### WHAT NEEDS TO BE DONE
Report only the number of lines in the entries below that hold the word "running".

┏━━

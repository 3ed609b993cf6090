-- ===== src/Jobs/History.antt =====
-- The jobs of jobs/job_manager.cpp, move by move: life cycle and checks.
use drive_lab.Prelude.{
  Within, ℕ, ◌≡◌, refl, sym, ap, ◌∙◌, ◌≢◌, ◌⊎◌, inl, inr, true, some, List, [], ◌∷◌, ◌++◌, ◌==◌,
  arith, Bool-cases, Option-cases,
}
use mathlib.Core.Path.{subst}
use drive_lab.Result.{ok}
use drive_lab.Drive.{Drive, drive_id}
use drive_lab.Mode.{ExecutionMode}
use drive_lab.Operation.{OperationRequest}
use drive_lab.Jobs.{
  World, JobRecord, JobState, planned, queued, starting, running, is_live, find_job, write_job,
}
use drive_lab.Jobs.Find.{find_job-write, find_job-append_some, find_job-append_none}
use drive_lab.Jobs.Moves.{
  Board, Same, Vetted, Cleared, Left, Done, Move, record_job, launch, leave, carry_on, finish,
  Moves, here, after,
}

-- The life cycle of a job.
pub data Edge (s t : JobState) : Type 0 where
  launches : s ≡ queued → t ≡ running → Edge s t
  drops : s ≡ queued → Left t → Edge s t
  carries : is_live s ≡ true → is_live t ≡ true → Edge s t
  ends : is_live s ≡ true → Done t → Edge s t

-- What is true of every job that the manager keeps.
pub record Lawful (w : World) (mode : ExecutionMode) (j : JobRecord) : Type 0 where
  pub vetted : Vetted mode j
  pub cleared : is_live j.state ≡ true → (d : Drive) × Cleared w mode j.operation d
  pub at_rest : j.state ≢ starting
  pub percent : Within 100 j.progress_percent

abbrev pub AllLawful : World → ExecutionMode → List JobRecord → Type 0
AllLawful w mode js = (k : ℕ) (j : JobRecord) → find_job k js ≡ some j → Lawful w mode j

Same-Vetted : {mode : ExecutionMode} {j j' : JobRecord} → Same j j' → Vetted mode j → Vetted mode j'
Same-Vetted s v = record {
  named =
      ap (λ (op : OperationRequest). drive_id op.target.identity) s.same_operation
      ∙ v.named
      ∙ ap ok (sym s.same_drive);
  allowed = rw s.same_operation v.allowed;
}

module _ (js : List JobRecord) (j j' : JobRecord) (found : find_job j.id js ≡ some j)
    (same : Same j j') where
  write-AllLawful :
      {w : World} {mode : ExecutionMode}
      → Lawful w mode j'
      → AllLawful w mode js
      → AllLawful w mode (write_job j.id j' js)
  write-AllLawful {w} {mode} l' h k i f = elim (Bool-cases (j.id == k)) [
    | inl hit ↦
        subst (Lawful w mode) (ground (arith, find_job-write j.id k j' js j found same.same_id)) l'
    | inr miss ↦ h k i (ground (arith, find_job-write j.id k j' js j found same.same_id))
  ]

  write_step :
      (k : ℕ) (i : JobRecord)
      → Edge j.state j'.state
      → find_job k js ≡ some i
      → (i' : JobRecord) × (find_job k (write_job j.id j' js) ≡ some i')
        × ((i' ≡ i) ⊎ (Same i i' × Edge i.state i'.state))
  write_step k i e f = elim (Bool-cases (j.id == k)) [
    | inl hit ↦
        let p : j ≡ i = ground (arith, ap (λ (n : ℕ). find_job n js)) in
        (
          j',
          ground (arith, find_job-write j.id k j' js j found same.same_id),
          inr (subst (λ i. Same i j' × Edge i.state j'.state) p (same, e)),
        )
    | inr miss ↦ (i, ground (arith, find_job-write j.id k j' js j found same.same_id), inl refl)
  ]

append-AllLawful :
    {w : World} {mode : ExecutionMode} (js : List JobRecord) (n : JobRecord)
    → Lawful w mode n
    → AllLawful w mode js
    → AllLawful w mode (js ++ (n ∷ []))
append-AllLawful {w} {mode} js n l h k i f = elim (Option-cases (find_job k js)) [
  | inl e ↦ subst (Lawful w mode) (ground (arith, find_job-append_none k js n)) l
  | inr (i', e) ↦ h k i (ground (arith, find_job-append_some k js n i'))
]

pub Move-AllLawful :
    {w : World} {mode : ExecutionMode} {limit : ℕ} {b c : Board}
    → Move w mode limit b c
    → AllLawful w mode b.jobs
    → AllLawful w mode c.jobs
Move-AllLawful {b = b} (record_job j n w v p en ej el) h = rw ej (
    append-AllLawful b.jobs j
      (record {
        vetted = v;
        cleared = λ l. absurd (ground arith);
        at_rest = λ e. ground arith;
        percent = p;
      })
      h)
Move-AllLawful {b = b} (launch j j' d f s q r clear _ _ en ej el) h = rw ej (
    write-AllLawful b.jobs j j' f s
      (record {
        vetted = Same-Vetted s (h j.id j f).vetted;
        cleared = λ _. (d, rw s.same_operation clear);
        at_rest = λ e. ground arith;
        percent = s.sane (h j.id j f).percent;
      })
      h)
Move-AllLawful {b = b} (leave j j' f s q o en ej el) h = rw ej (
    write-AllLawful b.jobs j j' f s
      (record {
        vetted = Same-Vetted s (h j.id j f).vetted;
        cleared = λ l. absurd (ground arith);
        at_rest = λ e. ground arith;
        percent = s.sane (h j.id j f).percent;
      })
      h)
Move-AllLawful {b = b} (carry_on j j' f s q r en ej el) h = rw ej (
    write-AllLawful b.jobs j j' f s
      (record {
        vetted = Same-Vetted s (h j.id j f).vetted;
        cleared = λ _. rw s.same_operation ((h j.id j f).cleared q);
        at_rest = λ e. ground arith;
        percent = s.sane (h j.id j f).percent;
      })
      h)
Move-AllLawful {b = b} (finish j j' f s q o en ej el) h = rw ej (
    write-AllLawful b.jobs j j' f s
      (record {
        vetted = Same-Vetted s (h j.id j f).vetted;
        cleared = λ l. absurd (ground arith);
        at_rest = λ e. ground arith;
        percent = s.sane (h j.id j f).percent;
      })
      h)

pub Moves-AllLawful :
    {w : World} {mode : ExecutionMode} {limit : ℕ} {b c : Board}
    → Moves w mode limit b c
    → AllLawful w mode b.jobs
    → AllLawful w mode c.jobs
Moves-AllLawful here h = h
Moves-AllLawful (after p m) h = Move-AllLawful m (Moves-AllLawful p h)

-- A move keeps each job, or takes it along one edge of its life cycle.
pub Move-step :
    {w : World} {mode : ExecutionMode} {limit : ℕ} {b c : Board} (k : ℕ) (i : JobRecord)
    → Move w mode limit b c
    → find_job k b.jobs ≡ some i
    → (i' : JobRecord) × (find_job k c.jobs ≡ some i')
      × ((i' ≡ i) ⊎ (Same i i' × Edge i.state i'.state))
Move-step {b = b} k i (record_job j n w v p en ej el) f =
    (i, rw ej (find_job-append_some k b.jobs j i f), inl refl)
Move-step {b = b} k i (launch j j' d g s q r clear _ _ en ej el) f =
    rw ej (write_step b.jobs j j' g s k i (launches q r) f)
Move-step {b = b} k i (leave j j' g s q o en ej el) f =
    rw ej (write_step b.jobs j j' g s k i (drops q o) f)
Move-step {b = b} k i (carry_on j j' g s q r en ej el) f =
    rw ej (write_step b.jobs j j' g s k i (carries q r) f)
Move-step {b = b} k i (finish j j' g s q o en ej el) f =
    rw ej (write_step b.jobs j j' g s k i (ends q o) f)

-- The states that no job leaves.
abbrev pub Final : JobState → Type 0
Final s = (s ≡ planned) ⊎ Done s

-- What becomes of a job in the long run.
pub record Grown (i i' : JobRecord) : Type 0 where
  pub same : Same i i'
  pub final : Final i.state → i' ≡ i

pub Grown-refl : (i : JobRecord) → Grown i i
Grown-refl i = record {
  same = record { same_id = refl; same_drive = refl; same_operation = refl; sane = λ h. h };
  final = λ _. refl;
}

Edge-not-Final : (s t : JobState) → Edge s t → ¬ Final s
Edge-not-Final s t (launches p q) f = ground arith
Edge-not-Final s t (drops p q) f = ground arith
Edge-not-Final s t (carries p q) f = ground arith
Edge-not-Final s t (ends p q) f = ground arith

Grown-step : (i i' : JobRecord) → (i' ≡ i) ⊎ (Same i i' × Edge i.state i'.state) → Grown i i'
Grown-step i i' (inl e) = subst (Grown i) (sym e) (Grown-refl i)
Grown-step i i' (inr (s, e)) = record {
  same = s;
  final = λ f. absurd (Edge-not-Final i.state i'.state e f);
}

pub Grown-trans : (i j k : JobRecord) → Grown i j → Grown j k → Grown i k
Grown-trans i j k p q = record {
  same = record {
    same_id = q.same.same_id ∙ p.same.same_id;
    same_drive = q.same.same_drive ∙ p.same.same_drive;
    same_operation = q.same.same_operation ∙ p.same.same_operation;
    sane = λ h. q.same.sane (p.same.sane h);
  };
  final = λ f. q.final (subst (λ (x : JobRecord). Final x.state) (sym (p.final f)) f) ∙ p.final f;
}

-- Some job stands under the id, grown from this one.
abbrev pub Survives : ℕ → JobRecord → List JobRecord → Type 0
Survives k i js = (i' : JobRecord) × (find_job k js ≡ some i') × Grown i i'

pub Moves-Survives :
    {w : World} {mode : ExecutionMode} {limit : ℕ} {b c : Board} (k : ℕ) (i : JobRecord)
    → Moves w mode limit b c
    → find_job k b.jobs ≡ some i
    → Survives k i c.jobs
Moves-Survives k i here f = (i, f, Grown-refl i)
Moves-Survives k i (after p m) f =
    let (j, g, u) = Moves-Survives k i p f in
    let (l, h, e) = Move-step k j m g in (l, h, Grown-trans i j l u (Grown-step j l e))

┗━━

### SOLVED EXERCISE
2